Two issues are raised on appeal: (1) the extent of school officials' liability under 42 U.S.C. § 1983; and (2) the nature of the constitutional violation. Each issue will be discussed in turn.

II. LIABILITY OF SCHOOL OFFICIALS UNDER 42 U.S.C. § 1983

Appellant Pence alleges that the suspension generated liability under the Civil Rights Act, 42 U.S.C. § 1983,3 because Appellees School Board members, acting as public officials arbitrarily interfered with his right to free speech and equal protection of the laws as guaranteed by the First and Fourteenth Amendments.
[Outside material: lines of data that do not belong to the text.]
-- ===== src/Float.antt =====
-- The C++ type `float` (IEEE 754 binary32, round to nearest even), with the operations that the
-- program makes of it. A finite value is its sign and its magnitude in units of 2 ^ -149.
pub mod Round
pub mod Stof
pub mod Print
pub mod Value
pub mod Closed
mod Tests
use tabmo_codding_challenge.Common.Int.{ℤ, is_negative, abs, of_sign}
use tabmo_codding_challenge.Common.{
  ℕ, ◌+◌, ◌-◌, ◌*◌, ◌/◌, ◌^◌, Bool, true, false, not, ◌&&◌, Option, some, none, ltb, leb, ◌==◌,
  if◌then◌else◌,
}
use Round.{round_ratio}

pub data Float : Type 0 where
  nan : Float
  inf : Bool → Float
  fin : Bool → ℕ → Float

-- The number 1 in units.
abbrev pub one : ℕ
one = 2 ^ 149

-- Magnitudes from here on are infinite.
abbrev pub limit : ℕ
limit = 2 ^ 277

unfoldable pub finish : Bool → ℕ → Float
finish sign mag = if leb limit mag then inf sign else fin sign mag

abbrev pub xor : Bool → Bool → Bool
xor false t = t
xor true t = not t

-- `(float)n`.
unfoldable pub from_int : ℤ → Float
unfolding finish
from_int n = finish (is_negative n) (round_ratio (abs n * one) 1)

-- `(int)x`: the fraction is cut off. It is undefined where the result is no `int`.
unfoldable pub to_int : Float → Option ℤ
to_int (fin sign mag) =
    let whole = mag / one in if ltb whole (2 ^ 31) then some (of_sign sign whole) else none
to_int _ = none

-- `<=` on finite values; the zeros are equal.
unfoldable le_fin : Bool → ℕ → Bool → ℕ → Bool
le_fin false m false n = leb m n
le_fin false m true n = m == 0 && n == 0
le_fin true m false n = true
le_fin true m true n = leb n m

-- `<=`, false on NaN. The other comparisons are made of it.
unfoldable pub le : Float → Float → Bool
unfolding le_fin
le nan y = false
le (inf s) nan = false
le (inf true) (inf t) = true
le (inf true) (fin t n) = true
le (inf false) (inf t) = not t
le (inf false) (fin t n) = false
le (fin s m) nan = false
le (fin s m) (inf t) = not t
le (fin s m) (fin t n) = le_fin s m t n

abbrev pub ge : Float → Float → Bool
ge x y = le y x

abbrev pub lt : Float → Float → Bool
lt x y = le x y && not (le y x)

abbrev pub gt : Float → Float → Bool
gt x y = lt y x

abbrev pub eq : Float → Float → Bool
eq x y = le x y && le y x

unfoldable pub negate : Float → Float
negate nan = nan
negate (inf s) = inf (not s)
negate (fin s m) = fin (not s) m

-- Sum of finite values of equal signs, and of different signs.
unfoldable pub add_fin : Bool → ℕ → Bool → ℕ → Float
unfolding finish
add_fin s m t n =
    if xor s t
    then if m == n
      then fin false 0
      else if ltb n m
      then fin s (round_ratio (m - n) 1)
      else fin t (round_ratio (n - m) 1)
    else finish s (round_ratio (m + n) 1)

unfoldable pub add : Float → Float → Float
unfolding add_fin
add nan y = nan
add (inf s) nan = nan
add (inf s) (inf t) = if xor s t then nan else inf s
add (inf s) (fin t n) = inf s
add (fin s m) nan = nan
add (fin s m) (inf t) = inf t
add (fin s m) (fin t n) = add_fin s m t n

unfoldable pub sub : Float → Float → Float
unfolding add negate
sub x y = add x (negate y)

unfoldable pub mul : Float → Float → Float
unfolding finish
mul nan y = nan
mul (inf s) nan = nan
mul (inf s) (inf t) = inf (xor s t)
mul (inf s) (fin t n) = if n == 0 then nan else inf (xor s t)
mul (fin s m) nan = nan
mul (fin s m) (inf t) = if m == 0 then nan else inf (xor s t)
mul (fin s m) (fin t n) = finish (xor s t) (round_ratio (m * n) one)

unfoldable pub div : Float → Float → Float
unfolding finish
div nan y = nan
div (inf s) nan = nan
div (inf s) (inf t) = nan
div (inf s) (fin t n) = inf (xor s t)
div (fin s m) nan = nan
div (fin s m) (inf t) = fin (xor s t) 0
div (fin s m) (fin t n) =
    if n == 0
    then if m == 0 then nan else inf (xor s t)
    else finish (xor s t) (round_ratio (m * one) n)
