-- ===== src/BidRequest.antt =====
-- src/BidRequest.h.
use tabmo_codding_challenge.Common.Text.{Bytes}
use tabmo_codding_challenge.Common.Int.{ℤ}
use tabmo_codding_challenge.Float.{Float}

pub record BidRequest : Type 0 where
  pub id : Bytes
  pub bid_floor : Float
  pub device_w : ℤ
  pub device_h : ℤ
  pub device_ifa : Bytes
  pub device_lang : Bytes
  pub app_name : Bytes
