-- ===== src/Float/Print.antt =====
-- Decimal output of a `float` with a fixed number of places (`std::fixed`, `setprecision`,
-- `to_string`): the exact value rounded to the nearest, a tie to the even.
use tabmo_codding_challenge.Common.Text.{Bytes, codes}
use tabmo_codding_challenge.Common.{
  ℕ, suc, zero, ◌+◌, ◌*◌, ◌/◌, ◌%◌, ◌^◌, Bool, true, false, [], ◌∷◌, ◌++◌, ltb, if◌then◌else◌,
}
use tabmo_codding_challenge.Common.Int.{ℤ, is_negative, abs}
use tabmo_codding_challenge.Float.{Float, nan, inf, fin, one}
use tabmo_codding_challenge.Float.Round.{nearest}

-- The decimal digits of a number, in front of `out`. A number has fewer digits than `fuel`, which
-- is larger than the number.
unfoldable pub decimal_from : ℕ → ℕ → Bytes → Bytes
decimal_from zero n out = out
decimal_from (suc fuel) n out =
    let out' = (b'0' + n % 10) ∷ out in
    let more = decimal_from fuel (n / 10) out' in if ltb n 10 then out' else more

unfoldable pub decimal : ℕ → Bytes
unfolding decimal_from
decimal n = decimal_from (suc n) n []

-- The last `places` decimal digits.
unfoldable pub padded : ℕ → ℕ → Bytes → Bytes
padded zero n out = out
padded (suc places) n out = padded places (n / 10) ((b'0' + n % 10) ∷ out)

abbrev sign_text : Bool → Bytes
sign_text true = codes "-"
sign_text false = []

-- The value in units of the last place.
unfoldable pub scaled : ℕ → ℕ → ℕ
unfolding nearest
scaled places mag = nearest (mag * 10 ^ places) one

unfoldable pub print_fixed : ℕ → Float → Bytes
unfolding decimal padded scaled
print_fixed places nan = codes "nan"
print_fixed places (inf s) = sign_text s ++ codes "inf"
print_fixed places (fin s mag) =
    let n = scaled places mag in
    sign_text s ++ (decimal (n / 10 ^ places) ++ (b'.' ∷ padded places n []))

-- `to_string(int)`.
unfoldable pub print_int : ℤ → Bytes
unfolding decimal
print_int n = sign_text (is_negative n) ++ decimal (abs n)
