-- ===== src/Campagne.antt =====
-- src/Campagne.h and src/Campagne.cpp: a campaign, the checks of its constructor, its copies, and
-- the purchase that lowers its budget. The mutex is not part of the record.
-- `DecrementeBudget` returns the changed campaign beside its result.
pub mod Validation
pub mod Budget
pub mod Objects
pub mod Typing
use tabmo_codding_challenge.Common.Text.{Bytes, codes, ◌=s=◌, is_empty}
use tabmo_codding_challenge.Common.Result.{Result, ok, err, invalid_argument, throw_if, ◌>>=◌, ◌>>◌}
use tabmo_codding_challenge.Common.Int.{ℤ, pos, abs}
use tabmo_codding_challenge.Common.{
  ℕ, ◌*◌, ◌^◌, Bool, true, false, not, ◌&&◌, ◌||◌, List, [], ◌∷◌, ◌++◌, leb, ◌==◌, if◌then◌else◌,
  length, any, count_if,
}
use tabmo_codding_challenge.Float.{Float, fin, one, eq, lt, gt, ge, sub}
use tabmo_codding_challenge.Float.Print.{print_fixed, print_int}

-- `map<string, vector<string>>`: its entries in the order of the keys.
abbrev pub Filters : Type 0
Filters = List (Bytes × List Bytes)

pub record Campagne : Type 0 where
  pub id : Bytes
  pub budget : Float
  pub bid_price : Float
  pub width : ℤ
  pub height : ℤ
  pub responsive : Bool
  pub filter_include : Filters
  pub filter_exclude : Filters
  pub url : Bytes

abbrev pub language : Bytes
language = codes "language"

abbrev pub application : Bytes
application = codes "application"

abbrev pub ifa : Bytes
ifa = codes "ifa"

-- The constants that the constructor compares with. They are `double`: a `float` is widened for the
-- comparison, which is exact, and 0.01 is 5764607523034235 / 2 ^ 59.
abbrev pub nought : Float
nought = fin false 0

abbrev pub budget_min : ℕ
budget_min = one

abbrev pub budget_max : ℕ
budget_max = 1000 * one

abbrev pub price_min : ℕ
price_min = 5_764_607_523_034_235 * 2 ^ 90

abbrev pub price_max : ℕ
price_max = 10 * one

-- `lVerificationFiltre`.
unfoldable pub is_valid_filter : Bytes × List Bytes → Bool
unfolding ◌=s=◌
is_valid_filter (key, values) =
    let size = length values in
    if key =s= language
    then leb 1 size && leb size 10
    else if key =s= application
    then leb 1 size && leb size 100
    else if key =s= ifa
    then leb 1 size && leb size 100_000
    else false

-- The `find_if` over both maps.
unfoldable pub has_common_filter : Filters → Filters → Bool
unfolding ◌=s=◌
has_common_filter included excluded = any (λ p. any (λ q. p.0 =s= q.0) excluded) included

unfoldable pub is_zero : ℤ → Bool
is_zero n = abs n == 0

-- A mandatory value that is missing, or that the JSON reader replaced by its default.
unfoldable pub lacks_mandatory : Campagne → Bool
unfolding is_zero
lacks_mandatory c =
    is_empty c.id
    || eq c.budget nought
    || eq c.bid_price nought
    || is_zero c.width
    || is_zero c.height
    || is_empty c.url

unfoldable pub has_invalid_filter : Campagne → Bool
unfolding is_valid_filter
has_invalid_filter c =
    not (count_if is_valid_filter c.filter_include == length c.filter_include)
    || not (count_if is_valid_filter c.filter_exclude == length c.filter_exclude)

unfoldable pub is_out_of : ℕ → ℕ → Float → Bool
is_out_of low high x = lt x (fin false low) || gt x (fin false high)

-- The constructor, given the fields that its initialiser list sets.
unfoldable pub construct : Campagne → Result Campagne
construct c = do
  throw_if (lacks_mandatory c) invalid_argument
  throw_if (has_common_filter c.filter_include c.filter_exclude) invalid_argument
  throw_if (has_invalid_filter c) invalid_argument
  throw_if (is_out_of budget_min budget_max c.budget) invalid_argument
  throw_if (is_out_of price_min price_max c.bid_price) invalid_argument
  ok c

-- The copy constructor sets every field, between taking both locks and giving them back.
unfoldable pub copy : Campagne → Campagne
copy c = record {
  id = c.id;
  budget = c.budget;
  bid_price = c.bid_price;
  width = c.width;
  height = c.height;
  responsive = c.responsive;
  filter_include = c.filter_include;
  filter_exclude = c.filter_exclude;
  url = c.url;
}

unfoldable print_bool : Bool → Bytes
print_bool b = if b then codes "1" else codes "0"

unfoldable pub to_string : Campagne → Bytes
unfolding print_fixed print_int print_bool
to_string c =
    codes "Information sur la campagne "
    ++ (c.id
        ++ (codes "\n ** mBudget "
            ++ (print_fixed 6 c.budget
                ++ (codes "\n ** mBidPrice "
                    ++ (print_fixed 6 c.bid_price
                        ++ (codes "\n ** mWidth "
                            ++ (print_int c.width
                                ++ (codes "\n ** mHeight "
                                    ++ (print_int c.height
                                        ++ (codes "\n ** mResponsive "
                                            ++ (print_bool c.responsive
                                                ++ (codes "\n ** mUrl "
                                                    ++ (c.url ++ codes "\n")))))))))))))

-- `DecrementeBudget`.
unfoldable pub decremente_budget : Campagne → Campagne × Bool
unfolding sub
decremente_budget c =
    if ge c.budget c.bid_price
    then (record c { budget = sub c.budget c.bid_price }, true)
    else (c, false)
Plaintiff sought damages and restitution until offered reemployment. Defendants claim immunity from liability for damages. Plaintiff points out that under Wood v. Strickland, 420 U.S. 308, 95 S.Ct. 992, 43 L.Ed.2d 214 (1975),

. . . a school board member is not immune from liability for damages under § 1983 if he knew or reasonably should have known that the action he took within his sphere of official responsibility would violate the constitutional rights of the student affected, or if he took the action with the malicious intention to cause a deprivation of constitutional rights or other injury to the student.

420 U.S. at 322, 95 S.Ct. at 1001.

Plaintiff's complaint does not expressly allege the malicious intention required by Wood. It does, however, allege that the actions of the two school administrator defendants were "completely arbitrary and without any relationship to legitimate school policy and merely the bad faith exercise of personal prejudices." It also alleges that the Board members have been requested to disavow those actions but have failed to do so.

In this state of the record, it cannot be said as a matter of law that defendants were immune from liability for damages. Even a determination of immunity would not dispose of the case for all purposes. The question of damages aside, plaintiff may be entitled to declaratory and injunctive relief if he prevails on the merits.